A testing file (test/test.freq
) is located on the QTLsurge github page. This file demonstrates the required input format and can be used to test that your app is working correctly.
Create such a file from the data produced above:
gunzip output_snps.vcf.gz #uncompresses as output_snps.vcf and removes output_snps.vcf.gz
perl vcf2freq.pl output_snps.vcf 0 >output_frequency_file.txt #vcf2freq.pl is supplied as a helper program, converts to QTLsurge format. The last argument is the cycle you are on. Use 0 if this is your initial, standard QTL-seq experiment. This script is not robust to variation in genotype format and only accepts "GT:PL:AD" format that results from the pipeline described above.

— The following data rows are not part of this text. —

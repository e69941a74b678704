-- ===== src/Godot/Tree/Escape/Reversible.antt =====
-- src/modules/godot/virtual_tree.cpp: escaped names are read back, and their size is known beforehand.
use observer_modules.Prelude.{
  ℕ, suc, ◌+◌, ◌-◌, ◌*◌, ◌<◌, ◌==◌, ◌≡◌, refl, ap, ◌∙◌, Bool, true, false, List, [], ◌∷◌,
  if◌then◌else◌, leb, length, All, Bool-cases, inl, inr, arith,
}
use observer_modules.Godot.Tree.Host.{Host, is_valid_utf8}
use observer_modules.Godot.Tree.Escape.{
  escape_byte, escape_where, escape_component, field_byte_escaped, escape_field, field_size_loop,
  escaped_field_size,
}

abbrev hex_value_of : ℕ → ℕ
hex_value_of digit = if leb digit b'9' then digit - b'0' else digit - b'A' + 10

-- A reader of escaped names: three characters from a percent sign on are one byte.
unfoldable pub unescape : List ℕ → List ℕ
unescape [] = []
unescape (c ∷ []) = c ∷ []
unescape (c ∷ d ∷ []) = c ∷ d ∷ []
unescape (c ∷ d ∷ e ∷ rest) = elim (c == b'%') [
  | true ↦ (hex_value_of d * 16 + hex_value_of e) ∷ unescape rest
  | false ↦ c ∷ unescape (d ∷ e ∷ rest)
]

unescape_plain : (c : ℕ) (xs : List ℕ) → (c == b'%') ≡ false → unescape (c ∷ xs) ≡ c ∷ unescape xs
unfolding unescape
unescape_plain c [] h = refl
unescape_plain c (d ∷ []) h = refl
unescape_plain c (d ∷ e ∷ xs) h = ground arith

unescape_byte : (b : ℕ) (xs : List ℕ) → b < 256 → unescape (escape_byte b xs) ≡ b ∷ unescape xs
unfolding unescape
unescape_byte b xs h = ap (λ c. c ∷ unescape xs) (ground arith)

unescape-escape_where :
    (escaped : ℕ → ℕ → Bool) (index : ℕ) (xs : List ℕ)
    → ((i : ℕ) → escaped i b'%' ≡ true)
    → All (λ b. b < 256) xs
    → unescape (escape_where escaped index xs) ≡ xs
unfolding escape_where unescape
unescape-escape_where escaped index [] h k = refl
unescape-escape_where escaped index (b ∷ xs) h k =
    go (escaped index b) refl (unescape-escape_where escaped (suc index) xs h k.1)
  where
    later : List ℕ
    later = escape_where escaped (suc index) xs

    not_percent : escaped index b ≡ false → (b == b'%') ≡ false
    not_percent e = elim (Bool-cases (b == b'%')) [
      | inl same ↦
          let eq : b ≡ b'%' = ground arith in
          let p : escaped index b ≡ escaped index b'%' = ap (escaped index) eq in
          let q : escaped index b'%' ≡ true = h index in cc
      | inr other ↦ other
    ]

    go :
        (e : Bool)
        → escaped index b ≡ e
        → unescape later ≡ xs
        → unescape (if e then escape_byte b later else b ∷ later) ≡ b ∷ xs
    go true e ih = unescape_byte b later k.0 ∙ ap (λ rest. b ∷ rest) ih
    go false e ih = unescape_plain b later (not_percent e) ∙ ap (λ rest. b ∷ rest) ih

module _ (host : Host) where
  -- The escaping of a component is undone by reading three characters from each percent sign on as one
  -- byte, so different components have different escaped names, if its characters are bytes.
  pub unescape-escape_component :
      (component : List ℕ)
      → All (λ b. b < 256) component
      → unescape (escape_component host component) ≡ component
  unfolding escape_component
  unescape-escape_component component h = unescape-escape_where _ 0 component (λ i. ground arith) h

  -- The fields of the manifest are escaped without loss, too.
  unescape-escape_field :
      (text : List ℕ) → All (λ b. b < 256) text → unescape (escape_field host text) ≡ text
  unfolding escape_field
  unescape-escape_field text h = unescape-escape_where _ 0 text (λ i. ground arith) h

  field_size_loop-length :
      (valid : Bool) (index : ℕ) (text : List ℕ)
      → field_size_loop host valid text
        ≡ length (escape_where (λ i. field_byte_escaped host valid) index text)
  unfolding field_size_loop escape_where
  field_size_loop-length valid index [] = refl
  field_size_loop-length valid index (b ∷ rest) =
      ground (arith, field_size_loop-length valid (suc index) rest)

  -- The size that the budget is charged with before a field is escaped is the size of the escaped field.
  pub escaped_field_size-length :
      (text : List ℕ) → escaped_field_size host text ≡ length (escape_field host text)
  unfolding escaped_field_size escape_field
  escaped_field_size-length text = field_size_loop-length (is_valid_utf8 host text) 0 text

Browse to this file and open it. A graph, similar to the one below will appear momentarily. You can step through each chromosome using the interface and look for peaks that are above the genome-wide threshold (95th percentile based on raw deltaSNP values). Because raw data of this kind is very noisy, a sliding window average is supplied. The appropriate window size is a function of population size, recombination rate, marker density, and read depth. Generally, if read depth is >40x, your window size should decrease as your population size increases. A good rule-of-thumb is that few windows should have an average that extends beyond 3 standard error units of a directly adjacent window, assuming your overlap-to-window-size is ~20%. The red line indicates the average of window and the gray shading indicates 3 standard error units. Note: Setting the overlap size very low will cause QTLSurge to respond slowly and should only be used when zoomed in to a <1MB range.
For a standard QTL-seq experiment, this might be a stopping point for publication. QTLsurge provides further support for iterative rounds of genotyping that allow a researcher to further pinpoint genes and/or confirm the peaks that they have discovered. The QTLsurge page describes these possible experiments and analyses in more detail.
Using Rstudio on Scinet CERES in 3 steps
see also the RStudio Server User Guide
Log into CERES, and run a pre-made Rstudio script
Open up two terminals or putty windows (important for later) and use one to connect to <username>@scinet.science. Then, either use the file /reference/containers/RStudio/3.6.0/rstudio.job, or create an Rstudio script using the Ceres Job Script Generator (eAuthentication required).
If using the generator, make sure you select “Rstudio” in the “Job Script template” dropdown menu). I recommend copying the /reference/ or generated script into your desired working directory. You should now edit the script to request the time and resources you want. Some R modules, like those for coexpression analysis, need many threads and lots of memory, so you’ll want to edit the “–mem” and “–nodes” lines in the script to request the memory and CPUs you need. Also, for the next step, you may wish to edit the “–output” line to change the default location for the output instructions from /home/<username> to whichever working directory you want. The output instructions will tell you what to do next in detail.
Submit the job and read the instructions in the generated rstudio-out file
The outputted “rstudio-<lots of numbers>.out” file will have instructions on how to connect to your now-running Rstudio session. You can either a) create an ssh tunnel with an ssh -N -L 8787:hostname:port
command, then open a browser window at “localhost:8787” (you can then minimize the terminal window you used to do the ssh
command); or b) connect to the SCINet VPN, and go to the hostname:8787 address indicated in the rstudio.out file in your browser of choice.
Log into the Rstudio server
If you did the above step correctly, your browser should be presenting you with an Rstudio login screen. Following the instructions in the same output file above, log into the server in the browser window using the credentials supplied in that file (your Scinet user name and a randomly-generated one-time password).